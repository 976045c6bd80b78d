-- ===== src/Container/Cancel.antt =====
-- An event and its negative event annihilate one another, whichever comes first.
use mathlib.Core.List.Perm
use mathlib.Core.List.{}
use pdes.Base.Sorting.{Le, Sorted, extract-Sorted}
use pdes.Base.{
  All-append, ◌≡◌, sym, ap, ◌∙◌, subst, inl, inr, true, false, List, [], ◌∷◌, ◌++◌, Perm, none,
  some, arith, All, extract, extract-some, extract-All, All-map, extract-snoc, Option-cases,
}
use pdes.Base.Permutations.{perm_snoc_left, perm_snoc_right}
use pdes.Container.Causality.{IsValid, InOrder, AllBefore}
use pdes.Container.{Container, insert, handle_anti_message, same_event, enqueue, unsorted}
use pdes.Event.Order.{receive_order}
use pdes.Event.{Event}

same_event_symm : (a b : Event) → same_event a b ≡ same_event b a
unfolding same_event
same_event_symm a b = ground arith

insert_enqueues :
    (c : Container) (e : Event)
    → extract (same_event e) c.negative ≡ none
    → insert c e ≡ enqueue c e
unfolding insert
insert_enqueues c e h = ground arith

anti_takes :
    (c : Container) (n : Event) {e : Event} {others : List Event}
    → extract (same_event n) c.unprocessed ≡ some (e, others)
    → handle_anti_message c n
      ≡ (record c { removed = c.removed ++ e ∷ []; unprocessed = others }, true)
unfolding handle_anti_message
anti_takes c n h = ground arith

anti_waits :
    (c : Container) (n : Event)
    → extract (same_event n) c.unprocessed ≡ none
    → handle_anti_message c n ≡ (record c { negative = c.negative ++ n ∷ [] }, false)
unfolding handle_anti_message
anti_waits c n h = ground arith

insert_cancelled :
    (c : Container) (e : Event) {n : Event} {others : List Event}
    → extract (same_event e) c.negative ≡ some (n, others)
    → insert c e ≡ record c { removed = c.removed ++ e ∷ []; negative = others }
unfolding insert
insert_cancelled c e h = ground arith

insert_then_anti :
    (c : Container) (e n : Event)
    → same_event n e ≡ true
    → extract (same_event e) c.negative ≡ none
    → extract (same_event n) c.unprocessed ≡ none
    → handle_anti_message (insert c e) n
      ≡ (record (enqueue c e) { removed = c.removed ++ e ∷ []; unprocessed = c.unprocessed }, true)
insert_then_anti c e n same free fresh =
    rw (insert_enqueues c e free)
      (anti_takes (enqueue c e) n (extract-snoc (same_event n) c.unprocessed e fresh same))

anti_then_insert :
    (c : Container) (e n : Event)
    → same_event n e ≡ true
    → extract (same_event e) c.negative ≡ none
    → extract (same_event n) c.unprocessed ≡ none
    → insert (handle_anti_message c n).0 e ≡ record c { removed = c.removed ++ e ∷ [] }
anti_then_insert c e n same free fresh = rw (anti_waits c n fresh) (
    insert_cancelled (record c { negative = c.negative ++ n ∷ [] }) e
      (extract-snoc (same_event e) c.negative n free (same_event_symm e n ∙ same)))

-- An event and its negative event annihilate one another in either order. If no negative event
-- waits for the event and no unprocessed event has its identity, then the event followed by its
-- negative, and the negative followed by the event, both leave the container as it was but for the
-- event at the end of the removed ones; the first order also leaves the flag unsorted. The negative
-- event reports that it found its event in the first order only.
pub annihilation :
    (c : Container) (e n : Event)
    → same_event n e ≡ true
    → extract (same_event e) c.negative ≡ none
    → extract (same_event n) c.unprocessed ≡ none
    → (handle_anti_message (insert c e) n
        ≡ (record c { removed = c.removed ++ e ∷ []; sort_status = unsorted }, true))
      × (insert (handle_anti_message c n).0 e ≡ record c { removed = c.removed ++ e ∷ [] })
      × ((handle_anti_message c n).1 ≡ false)
annihilation c e n same free fresh = (
  insert_then_anti c e n same free fresh,
  anti_then_insert c e n same free fresh,
  ap (λ r. r.1) (anti_waits c n fresh),
)

insert-perm :
    (c : Container) (e : Event)
    → Perm ((insert c e).unprocessed ++ (insert c e).removed) (e ∷ (c.unprocessed ++ c.removed))
insert-perm c e = elim (Option-cases (extract (same_event e) c.negative)) [
  | inl h ↦ rw (insert_enqueues c e h) (perm_snoc_left c.unprocessed c.removed e)
  | inr (_, h) ↦ rw (insert_cancelled c e h) (perm_snoc_right c.unprocessed c.removed e)
]

anti-perm :
    (c : Container) (n : Event)
    → Perm
        ((handle_anti_message c n).0.unprocessed ++ (handle_anti_message c n).0.removed)
        (c.unprocessed ++ c.removed)
anti-perm c n = elim (Option-cases (extract (same_event n) c.unprocessed)) [
  | inl h ↦ rw (anti_waits c n h) (Perm.refl _)
  | inr ((e, others), h) ↦ rw (anti_takes c n h) (
      Perm.trans (perm_snoc_right others c.removed e)
        (Perm.symm (Perm.append_right c.removed (extract-some (same_event n) c.unprocessed h).1)))
]

-- No cancellation loses an event or makes one up: the unprocessed and the removed events together
-- gain exactly the event that arrives, and a negative event that arrives moves them about at most.
pub cancellation_conserves :
    (c : Container) (e n : Event)
    → Perm ((insert c e).unprocessed ++ (insert c e).removed) (e ∷ (c.unprocessed ++ c.removed))
      × Perm
          ((handle_anti_message c n).0.unprocessed ++ (handle_anti_message c n).0.removed)
          (c.unprocessed ++ c.removed)
cancellation_conserves c e n = (insert-perm c e, anti-perm c n)

-- Every method that moves events keeps the flag truthful.
pub insert-IsValid : (c : Container) (e : Event) → IsValid c → IsValid (insert c e)
insert-IsValid c e v = elim (Option-cases (extract (same_event e) c.negative)) [
  | inl h ↦ rw (insert_enqueues c e h) (λ t. cc)
  | inr (_, h) ↦ rw (insert_cancelled c e h) v
]

pub anti-IsValid : (c : Container) (n : Event) → IsValid c → IsValid (handle_anti_message c n).0
anti-IsValid c n v = elim (Option-cases (extract (same_event n) c.unprocessed)) [
  | inl h ↦ rw (anti_waits c n h) v
  | inr ((e, others), h) ↦
      rw (anti_takes c n h) (λ t. extract-Sorted receive_order (same_event n) c.unprocessed h (v t))
]

pub anti_shrinks :
    (c : Container) (n : Event) (P : Event → Type 0)
    → All P c.unprocessed
    → All P (handle_anti_message c n).0.unprocessed
anti_shrinks c n P a = elim (Option-cases (extract (same_event n) c.unprocessed)) [
  | inl h ↦ rw (anti_waits c n h) a
  | inr (_, h) ↦ rw (anti_takes c n h) (extract-All (same_event n) P c.unprocessed h a).1
]

pub anti_keeps_processed :
    (c : Container) (n : Event) → (handle_anti_message c n).0.processed ≡ c.processed
unfolding handle_anti_message
anti_keeps_processed c n = ground arith

-- A negative event leaves the container in order.
pub anti-InOrder : (c : Container) (n : Event) → InOrder c → InOrder (handle_anti_message c n).0
anti-InOrder c n o = record {
  done = subst (Sorted receive_order) (sym (anti_keeps_processed c n)) o.done;
  ahead =
      subst (λ ps. AllBefore ps (handle_anti_message c n).0.unprocessed)
        (sym (anti_keeps_processed c n))
        (All-map _ _ (λ p. anti_shrinks c n (Le receive_order p)) c.processed o.ahead);
}

pub insert_grows :
    (c : Container) (e : Event) (P : Event → Type 0)
    → All P c.unprocessed
    → P e
    → All P (insert c e).unprocessed
insert_grows c e P a h = elim (Option-cases (extract (same_event e) c.negative)) [
  | inl none_found ↦
      rw (insert_enqueues c e none_found) (All-append P c.unprocessed (e ∷ []) a (h, tt))
  | inr (_, found) ↦ rw (insert_cancelled c e found) a
]

pub insert_keeps_processed : (c : Container) (e : Event) → (insert c e).processed ≡ c.processed
unfolding insert
insert_keeps_processed c e = ground arith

====================

Find every line in the records that has the word "first". Then report the count alone.

3